## Assignment
Among the entries that follow, some lines contain the word "holds". Show all of them.

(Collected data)
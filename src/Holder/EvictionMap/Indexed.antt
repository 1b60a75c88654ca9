-- ===== src/Holder/EvictionMap/Indexed.antt =====
-- The invariant of `EvictionMap` (eviction_map.rs): the hash map leads from each key to the slot of
-- its value.
use persia.Base.{
  ℕ, ◌-◌, ◌≡◌, refl, sym, ap, subst, ◌∙◌, Bool, inl, inr, Bool-cases, true, false, Option, none,
  some, List, [], ◌∷◌, ◌++◌, arith, if◌then◌else◌, omap, ◌⊎◌,
}
use persia.Base.Map.{Eq, get as map_get}
use persia.Holder.LinkedList.Chain.{Cells}
use persia.Holder.LinkedList.Invariant.{Repr}
use persia.Holder.EvictionMap.{EvictionMap}

abbrev pub cell_index : {V : Type 0} → ℕ × V → ℕ
cell_index c = c.0 - 1

module _ {K : Type 0} {V : Type 0} ⦃e : Eq K⦄ (hashmap_key : V → K) where
  -- The cell of a key.
  abbrev pub find : Cells V → K → Option (ℕ × V)
  find [] key = none
  find (c ∷ xs) key = if e.beq (hashmap_key c.1) key then some c else find xs key

  -- The cells of the other keys.
  abbrev pub without : Cells V → K → Cells V
  without [] key = []
  without (c ∷ xs) key = if e.beq (hashmap_key c.1) key then without xs key else c ∷ without xs key

  abbrev pub UniqueKeys : Cells V → Type 0
  UniqueKeys [] = Unit
  UniqueKeys (c ∷ xs) = (find xs (hashmap_key c.1) ≡ none) × UniqueKeys xs

  -- The cells are those of the list, each key has one, and the hash map knows its index.
  pub record Indexes (m : EvictionMap K V) (xs : Cells V) (free : List ℕ) : Type 0 where
    pub list : Repr m.linkedlist xs free
    pub unique : UniqueKeys xs
    pub indexed : (key : K) → map_get m.hashmap key ≡ omap cell_index (find xs key)

  -- A key that no cell has, and one that splits the cells at its own.
  pub record Split (xs : Cells V) (key : K) : Type 0 where
    pub before : Cells V
    pub cell : ℕ × V
    pub after : Cells V
    pub cells : xs ≡ before ++ cell ∷ after
    pub found : find xs key ≡ some cell
    pub kept : without xs key ≡ before ++ after
    pub owner : hashmap_key cell.1 ≡ key

  without-find : (xs : Cells V) (key : K) → find xs key ≡ none → without xs key ≡ xs
  without-find [] key h = refl
  without-find (c ∷ xs) key h = elim (Bool-cases (e.beq (hashmap_key c.1) key)) [
    | inl k ↦ ground (arith, k, h)
    | inr k ↦ rw k (ap (◌∷◌ c) (without-find xs key (ground (arith, k, h))))
  ]

  pub find-cases :
      (xs : Cells V) (key : K)
      → UniqueKeys xs
      → ((find xs key ≡ none) × (without xs key ≡ xs)) ⊎ Split xs key
  find-cases [] key u = inl (refl, refl)
  find-cases (c ∷ xs) key u = elim (Bool-cases (e.beq (hashmap_key c.1) key)) [
    | inl k ↦ inr record {
      before = [];
      cell = c;
      after = xs;
      cells = refl;
      found = rw k refl;
      kept = rw k (
          without-find xs key
            (subst (λ j. find xs j ≡ none) ((e.beq_iff (hashmap_key c.1) key).0 k) u.0));
      owner = (e.beq_iff (hashmap_key c.1) key).0 k;
    }
    | inr k ↦ elim (find-cases xs key u.1) [
      | inl (h, w) ↦ inl (rw k h, rw k (ap (◌∷◌ c) w))
      | inr s ↦ inr record {
        before = c ∷ s.before;
        cell = s.cell;
        after = s.after;
        cells = ap (◌∷◌ c) s.cells;
        found = rw k s.found;
        kept = rw k (ap (◌∷◌ c) s.kept);
        owner = s.owner;
      }
    ]
  ]

  if_none : (b : Bool) (o : Option (ℕ × V)) → o ≡ none → (if b then none else o) ≡ none
  if_none true o h = refl
  if_none false o h = h

  -- What the cells of a key say of it after they have changed.
  pub find-append :
      (xs ys : Cells V) (key : K)
      → find (xs ++ ys) key ≡ elim (find xs key) [ none ↦ find ys key | some c ↦ some c ]
  find-append [] ys key = refl
  find-append (c ∷ xs) ys key = elim (Bool-cases (e.beq (hashmap_key c.1) key)) [
    | inl k ↦ rw k refl
    | inr k ↦ rw k (find-append xs ys key)
  ]

  other :
      (key j : K) (c : ℕ × V)
      → e.beq (hashmap_key c.1) key ≡ true
      → e.beq key j ≡ false
      → e.beq (hashmap_key c.1) j ≡ false
  other key j c k q = subst (λ i. e.beq i j ≡ false) (sym ((e.beq_iff (hashmap_key c.1) key).0 k)) q

  mine :
      (key j : K) (c : ℕ × V)
      → e.beq (hashmap_key c.1) key ≡ false
      → e.beq (hashmap_key c.1) j ≡ true
      → e.beq key j ≡ false
  mine key j c k q =
      ground
        (arith, e.beq_iff (hashmap_key c.1) key, e.beq_iff (hashmap_key c.1) j, e.beq_iff key j)

  pub find-without :
      (xs : Cells V) (key j : K)
      → find (without xs key) j ≡ (if e.beq key j then none else find xs j)
  find-without [] key j = ground arith
  find-without (c ∷ xs) key j = elim (Bool-cases (e.beq (hashmap_key c.1) key)) [
    | inl k ↦
        rw (k, find-without xs key j)
          (elim (Bool-cases (e.beq key j)) [ inl q ↦ rw q | inr q ↦ rw (q, other key j c k q) ])
    | inr k ↦ rw k (elim (Bool-cases (e.beq (hashmap_key c.1) j)) [
      | inl q ↦ rw (q, mine key j c k q) refl
      | inr q ↦ rw (q, find-without xs key j) refl
    ])
  ]

  pub UniqueKeys-without : (xs : Cells V) (key : K) → UniqueKeys xs → UniqueKeys (without xs key)
  UniqueKeys-without [] key u = tt
  UniqueKeys-without (c ∷ xs) key u = elim (Bool-cases (e.beq (hashmap_key c.1) key)) [
    | inl k ↦ rw k (UniqueKeys-without xs key u.1)
    | inr k ↦ rw k (
      find-without xs key (hashmap_key c.1) ∙ if_none (e.beq key (hashmap_key c.1)) _ u.0,
      UniqueKeys-without xs key u.1,
    )
  ]

  not_found :
      (b : Bool) (c : ℕ × V) (o : Option (ℕ × V))
      → (if b then some c else o) ≡ none
      → (b ≡ false) × (o ≡ none)
  not_found b c o h = ground arith

  beq_swap : (i j : K) → e.beq i j ≡ false → e.beq j i ≡ false
  beq_swap i j h = ground (arith, e.beq_iff i j, e.beq_iff j i)

  pub UniqueKeys-snoc :
      (xs : Cells V) (c : ℕ × V)
      → find xs (hashmap_key c.1) ≡ none
      → UniqueKeys xs
      → UniqueKeys (xs ++ c ∷ [])
  UniqueKeys-snoc [] c h u = (refl, tt)
  UniqueKeys-snoc (b ∷ xs) c h u =
      let (apart, rest) = not_found _ b _ h in
      (
        find-append xs (c ∷ []) (hashmap_key b.1)
            ∙ rw (u.0, beq_swap (hashmap_key b.1) (hashmap_key c.1) apart) refl,
        UniqueKeys-snoc xs c rest u.1,
      )
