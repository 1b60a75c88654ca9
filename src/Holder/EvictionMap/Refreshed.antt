-- ===== src/Holder/EvictionMap/Refreshed.antt =====
-- What the operations of `EvictionMap` (eviction_map.rs) do to its invariant, and what they return.
use persia.Base.{
  ℕ, suc, ◌+◌, ◌-◌, ◌<◌, ◌≡◌, refl, sym, ap, subst, ◌∙◌, inl, inr, Bool, true, false, Option, none,
  some, List, [], ◌∷◌, ◌++◌, arith, if◌then◌else◌, length, omap, ok, u32_size,
}
use persia.Base.Map.{Eq, insert as map_insert, get-insert, beq_self}
use persia.Holder.LinkedList.{ArrayLinkedList, node}
use persia.Holder.LinkedList.Chain.{Cells, slot, first_or, last_or, Seg-back}
use persia.Holder.LinkedList.Slots.{slot_pos}
use persia.Holder.LinkedList.Invariant.{Repr}
use persia.Holder.LinkedList.Remove.{remove}
use persia.Holder.LinkedList.Read.{index}
use persia.Holder.LinkedList.Pushed.{push_back-Repr}
use persia.Holder.LinkedList.Removed.{remove-Repr}
use persia.Holder.LinkedList.Overwritten.{index-slot}
use persia.Holder.EvictionMap.{EvictionMap, get, get_refresh}
use persia.Holder.EvictionMap.Indexed.{
  find, without, UniqueKeys, Indexes, Split, find-cases, find-append, find-without,
  UniqueKeys-without, UniqueKeys-snoc, cell_index,
}

pred_suc_pos : (i : ℕ) → 0 < i → suc (i - 1) ≡ i
pred_suc_pos i h = omega arith

module _ {V : Type 0} (l : ArrayLinkedList V) (ys zs : Cells V) (c : ℕ × V) (free : List ℕ)
    (r : Repr l (ys ++ c ∷ zs) free) where
  held : slot l.elements c.0 ≡ some (node (last_or 0 ys) (first_or 0 zs) c.1)
  held = (Seg-back l.elements 0 ys (c ∷ zs) 0 r.chain).0

  held_pos : 0 < c.0
  held_pos = (slot_pos l.elements c.0 _ held).0

  -- The value of a cell is found under its index.
  pub index-cell : index l (cell_index c) ≡ ok (some c.1)
  index-cell = index-slot l (cell_index c) _ (
      subst (λ i. slot l.elements i ≡ some (node (last_or 0 ys) (first_or 0 zs) c.1))
        (sym (pred_suc_pos c.0 held_pos)) held)

  -- `remove` under the index of a cell.
  pub remove-cell :
      (l' : ArrayLinkedList V) × (remove l (cell_index c) ≡ ok (some c.1, l'))
      × Repr l' (ys ++ zs) (c.0 ∷ free)
      × (length l'.elements ≡ length l.elements)
  remove-cell =
      subst
        (λ i.
          (l' : ArrayLinkedList V) × (remove l (cell_index c) ≡ ok (some c.1, l'))
          × Repr l' (ys ++ zs) (i ∷ free)
          × (length l'.elements ≡ length l.elements))
        (pred_suc_pos c.0 held_pos)
        (remove-Repr l (cell_index c) c.1 ys zs free
          (subst (λ i. Repr l (ys ++ (i, c.1) ∷ zs) free) (sym (pred_suc_pos c.0 held_pos)) r))

module _ {K : Type 0} {V : Type 0} ⦃e : Eq K⦄ (hashmap_key : V → K) where
  -- The value that a map holds for a key.
  abbrev pub value_of : Cells V → K → Option V
  value_of xs key = omap (λ c. c.1) (find hashmap_key xs key)

  -- On a map with the invariant, `get` finds the value of each key, and neither panics nor reads a free slot.
  pub get-value_of :
      (m : EvictionMap K V) (xs : Cells V) (free : List ℕ) (key : K)
      → Indexes hashmap_key m xs free
      → get m key ≡ ok (value_of xs key)
  unfolding get
  get-value_of m xs free key inv = elim (find-cases hashmap_key xs key inv.unique) [
    | inl (h, w) ↦ rw (inv.indexed key, get, h) refl
    | inr s ↦
        rw (inv.indexed key, get, s.found)
          (index-cell m.linkedlist s.before s.after s.cell free
            (subst (λ ws. Repr m.linkedlist ws free) s.cells inv.list))
  ]

  -- A cell of `key` that is appended to the cells of the other keys.
  find-moved :
      (xs : Cells V) (key j : K) (c : ℕ × V)
      → hashmap_key c.1 ≡ key
      → find hashmap_key (without hashmap_key xs key ++ c ∷ []) j
        ≡ (if e.beq key j then some c else find hashmap_key xs j)
  find-moved xs key j c h =
      find-append hashmap_key (without hashmap_key xs key) (c ∷ []) j
      ∙ rw (find-without hashmap_key xs key j) (
          split (e.beq (hashmap_key c.1) j) (e.beq key j) (find hashmap_key xs j)
            (ap (λ i. e.beq i j) h))
    where
      split :
          (a b : Bool) (o : Option (ℕ × V))
          → a ≡ b
          → Path
              (Option (ℕ × V))
              (elim (if b then none else o) [
                | none ↦ (if a then some c else none)
                | some d ↦ some d
              ])
              (if b then some c else o)
      split a true o q = rw q refl
      split a false none q = rw q refl
      split a false (some d) q = refl

  moved-UniqueKeys :
      (xs : Cells V) (key : K) (c : ℕ × V)
      → hashmap_key c.1 ≡ key
      → UniqueKeys hashmap_key xs
      → UniqueKeys hashmap_key (without hashmap_key xs key ++ c ∷ [])
  moved-UniqueKeys xs key c h u =
      UniqueKeys-snoc hashmap_key (without hashmap_key xs key) c
        (find-without hashmap_key xs key (hashmap_key c.1) ∙ rw (h, beq_self key) refl)
        (UniqueKeys-without hashmap_key xs key u)

  -- The map after the value of `key` has moved to the cell `c` at the end of the list.
  pub moved-Indexes :
      (m : EvictionMap K V) (l : ArrayLinkedList V) (xs : Cells V) (free free' : List ℕ) (key : K)
      (c : ℕ × V)
      → hashmap_key c.1 ≡ key
      → Indexes hashmap_key m xs free
      → Repr l (without hashmap_key xs key ++ c ∷ []) free'
      → Indexes hashmap_key
          (record m { hashmap = map_insert m.hashmap key (cell_index c); linkedlist = l })
          (without hashmap_key xs key ++ c ∷ [])
          free'
  moved-Indexes m l xs free free' key c h inv r = record {
    list = r;
    unique = moved-UniqueKeys xs key c h inv.unique;
    indexed = λ j.
        get-insert m.hashmap key (cell_index c) j
        ∙ rw (inv.indexed j, find-moved xs key j c h)
            (choose (e.beq key j) (find hashmap_key xs j));
  }
    where
      choose :
          (b : Bool) (o : Option (ℕ × V))
          → (if b then some (cell_index c) else omap cell_index o)
            ≡ omap cell_index (if b then some c else o)
      choose true o = refl
      choose false o = refl

  -- The cells after `key` was looked up: its own is the last one.
  unfoldable pub refreshed_cells : Cells V → K → Cells V
  refreshed_cells xs key = elim (find hashmap_key xs key) [
    | none ↦ xs
    | some c ↦ without hashmap_key xs key ++ c ∷ []
  ]

  refresh_found :
      (m : EvictionMap K V) (xs : Cells V) (free : List ℕ) (key : K)
      → Indexes hashmap_key m xs free
      → length m.linkedlist.elements + 1 < u32_size
      → (s : Split hashmap_key xs key)
      → (m' : EvictionMap K V) × (get_refresh m key ≡ ok (some s.cell.1, m'))
        × Indexes hashmap_key m' (without hashmap_key xs key ++ s.cell ∷ []) free
  unfolding get_refresh
  refresh_found m xs free key inv room s =
      let (l1, removed, r1, same) =
        remove-cell m.linkedlist s.before s.after s.cell free
          (subst (λ ws. Repr m.linkedlist ws free) s.cells inv.list) in
      let (l2, pushed, r2) =
        push_back-Repr l1 s.cell.1 (s.before ++ s.after) (s.cell.0 ∷ free) r1
          (subst (λ n. n + 1 < u32_size) (sym same) room) in
      (
        record m { hashmap = map_insert m.hashmap key (cell_index s.cell); linkedlist = l2 },
        rw
            (
              inv.indexed key,
              get_refresh,
              s.found,
              removed,
              pushed,
              index-cell l2 (s.before ++ s.after) [] s.cell free r2,
            )
            refl,
        moved-Indexes m l2 xs free free key s.cell s.owner inv
            (subst (λ ws. Repr l2 (ws ++ s.cell ∷ []) free) (sym s.kept) r2),
      )

  -- On a map with the invariant and fewer than 2^32 - 1 slots, `get_refresh` returns the value of each key, and when there is one, it moves to the end of the
  -- list, where it is evicted last; the other values keep their order, and the invariant holds again.
  pub get_refresh-Indexes :
      (m : EvictionMap K V) (xs : Cells V) (free : List ℕ) (key : K)
      → Indexes hashmap_key m xs free
      → length m.linkedlist.elements + 1 < u32_size
      → (m' : EvictionMap K V) × (get_refresh m key ≡ ok (value_of xs key, m'))
        × Indexes hashmap_key m' (refreshed_cells xs key) free
  unfolding get_refresh refreshed_cells
  get_refresh-Indexes m xs free key inv room = elim (find-cases hashmap_key xs key inv.unique) [
    | inl (h, w) ↦ (m, rw (inv.indexed key, get_refresh, h) refl, rw (h, refreshed_cells) inv)
    | inr s ↦
        let (m', e, inv') = refresh_found m xs free key inv room s in
        (m', rw s.found e, rw (refreshed_cells, s.found) inv')
  ]
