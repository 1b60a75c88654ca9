-- ===== src/Holder/LinkedList/Constructed.antt =====
-- `with_capacity` and `clear` of array_linked_list.rs give an empty list whose slots are all free.
use persia.Base.{
  ℕ, zero, suc, ◌+◌, ◌%◌, ◌<◌, ◌≡◌, refl, sym, ap, subst, ◌∙◌, false, some, List, [], ◌∷◌, arith,
  ◌==◌, if◌then◌else◌, length, get_elem?, elem, u32_size,
}
use persia.Holder.LinkedList.{
  LinkedListNode, ArrayLinkedList, deleted, new, fill_from, fill_elements, with_capacity,
}
use persia.Holder.LinkedList.Read.{clear}
use persia.Holder.LinkedList.Slots.{vacant, FreeSeg, DistinctFree}
use persia.Holder.LinkedList.Invariant.{Repr, positive_test}

-- `n` slots from `i` on.
pub slots_from : (n i : ℕ) → List ℕ
slots_from zero i = []
slots_from (suc n) i = i ∷ slots_from n (suc i)

below_not_elem : (n i j : ℕ) → j < i → elem j (slots_from n i) ≡ false
unfolding slots_from
below_not_elem zero i j h = refl
below_not_elem (suc n) i j h = ground (arith, below_not_elem n (suc i) j)

slots_from-DistinctFree : (n i : ℕ) → DistinctFree (slots_from n i)
unfolding slots_from
slots_from-DistinctFree zero i = tt
slots_from-DistinctFree (suc n) i =
    (below_not_elem n (suc i) i (omega arith), slots_from-DistinctFree n (suc i))

add_0 : (a : ℕ) → a + 0 ≡ a
add_0 a = omega arith

add_suc : (a j : ℕ) → a + suc j ≡ suc a + j
add_suc a j = omega arith

-- Each slot but the last one links to the next.
get_elem?-fill_from :
    (A : Type 0) (n i j : ℕ)
    → j < n
    → get_elem? (fill_from {A = A} n i) j ≡ some (deleted (if suc j == n then 0 else i + suc j))
unfolding fill_from
get_elem?-fill_from A zero i j h = absurd (omega arith)
get_elem?-fill_from A (suc zero) i zero h = refl
get_elem?-fill_from A (suc zero) i (suc j) h = absurd (omega arith)
get_elem?-fill_from A (suc (suc n)) i zero h = ground arith
get_elem?-fill_from A (suc (suc n)) i (suc j) h =
    ground (arith, get_elem?-fill_from A (suc n) (i + 1) j)

pub length-fill_from : (A : Type 0) (n i : ℕ) → length (fill_from {A = A} n i) ≡ n
unfolding fill_from
length-fill_from A zero i = refl
length-fill_from A (suc zero) i = refl
length-fill_from A (suc (suc n)) i = ap suc (length-fill_from A (suc n) (i + 1))

-- The link of the slot `j` after the slot `a`, of `m` slots.
abbrev link_at : (m a j : ℕ) → ℕ
link_at m a j = if suc j == m then 0 else suc (a + suc j)

link_at-suc : (m a j : ℕ) → link_at (suc m) a (suc j) ≡ link_at m (suc a) j
link_at-suc m a j = ground arith

module _ {A : Type 0} where
  FreeSeg-slots_from :
      (els : List (LinkedListNode A)) (m a : ℕ)
      → ((j : ℕ) → j < m → get_elem? els (a + j) ≡ some (deleted (link_at m a j)))
      → FreeSeg els (slots_from m (suc a))
  unfolding slots_from
  FreeSeg-slots_from els zero a h = tt
  FreeSeg-slots_from els (suc zero) a h = (
    ap vacant (subst (λ i. get_elem? els i ≡ some (deleted 0)) (add_0 a) (h 0 (omega arith))),
    tt,
  )
  FreeSeg-slots_from els (suc (suc m)) a h = (
    ap vacant (
        subst (λ i. get_elem? els i ≡ some (deleted (suc (suc a)))) (add_0 a)
          (h 0 (omega arith) ∙ ap (λ i. some (deleted i)) two)),
    FreeSeg-slots_from els (suc m) (suc a) (λ j k.
        subst (λ i. get_elem? els i ≡ some (deleted (link_at (suc m) (suc a) j))) (add_suc a j)
          (h (suc j) (omega arith) ∙ ap (λ i. some (deleted i)) (link_at-suc (suc m) a j))),
  )
    where
      two : link_at (suc (suc m)) a 0 ≡ suc (suc a)
      two = ground arith

zero_add : (j : ℕ) → j ≡ 0 + j
zero_add j = omega arith

fill_from-slots : (A : Type 0) (n : ℕ) → FreeSeg (fill_from {A = A} n 1) (slots_from n 1)
fill_from-slots A n = FreeSeg-slots_from (fill_from n 1) n 0 (λ j h.
    subst (λ i. get_elem? (fill_from {A = A} n 1) i ≡ some (deleted (link_at n 0 j))) (zero_add j)
      (get_elem?-fill_from A n 1 j h ∙ ap (λ i. some (deleted i)) (same n j)))
  where
    same : (n j : ℕ) → (if suc j == n then 0 else 1 + suc j) ≡ link_at n 0 j
    same n j = ground arith

-- The list with `n` more free slots, as `fill_elements` leaves it.
abbrev pub filled : (A : Type 0) (n : ℕ) → ArrayLinkedList A
filled A n = record {
  count = 0;
  first_index = 0;
  last_index = 0;
  free_index = 1;
  end_index = suc n;
  elements = fill_from (suc n) 1;
}

with_capacity-filled : (A : Type 0) (n : ℕ) → with_capacity {A = A} (suc n) ≡ filled A n
unfolding with_capacity fill_elements new
with_capacity-filled A n = rw (positive_test (suc n) (omega arith)) refl

filled-Repr : (A : Type 0) (n : ℕ) → suc n < u32_size → Repr (filled A n) [] (slots_from (suc n) 1)
unfolding slots_from
filled-Repr A n h = record {
  first = refl;
  last = refl;
  counted = refl;
  chain = tt;
  distinct = tt;
  free_first = refl;
  free_chain = fill_from-slots A (suc n);
  free_distinct = slots_from-DistinctFree (suc n) 1;
  small = omega (arith, length-fill_from A (suc n) 1, h);
}

-- The list that `with_capacity` returns is empty, and its slots are free, the first one first.
pub with_capacity-Repr :
    (A : Type 0) (capacity : ℕ)
    → capacity < u32_size
    → Repr (with_capacity {A = A} capacity) [] (slots_from capacity 1)
unfolding with_capacity fill_elements new slots_from
with_capacity-Repr A zero h = record {
  first = refl;
  last = refl;
  counted = refl;
  chain = tt;
  distinct = tt;
  free_first = refl;
  free_chain = tt;
  free_distinct = tt;
  small = omega arith;
}
with_capacity-Repr A (suc n) h =
    subst (λ l. Repr l [] (slots_from (suc n) 1)) (sym (with_capacity-filled A n))
      (filled-Repr A n h)

-- `clear` frees every slot and keeps their number.
pub clear-Repr :
    {A : Type 0} (l : ArrayLinkedList A)
    → length l.elements < u32_size
    → Repr (clear l) [] (slots_from (length l.elements) 1)
unfolding clear with_capacity
clear-Repr {A} l h =
    subst (λ n. Repr {A = A} (with_capacity n) [] (slots_from (length l.elements) 1)) (sym small)
      (with_capacity-Repr A (length l.elements) h)
  where
    small : length l.elements % u32_size ≡ length l.elements
    small = omega arith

## Written answer
  -- The value that a map holds for a key.
  -- list, where it is evicted last; the other values keep their order, and the invariant holds again.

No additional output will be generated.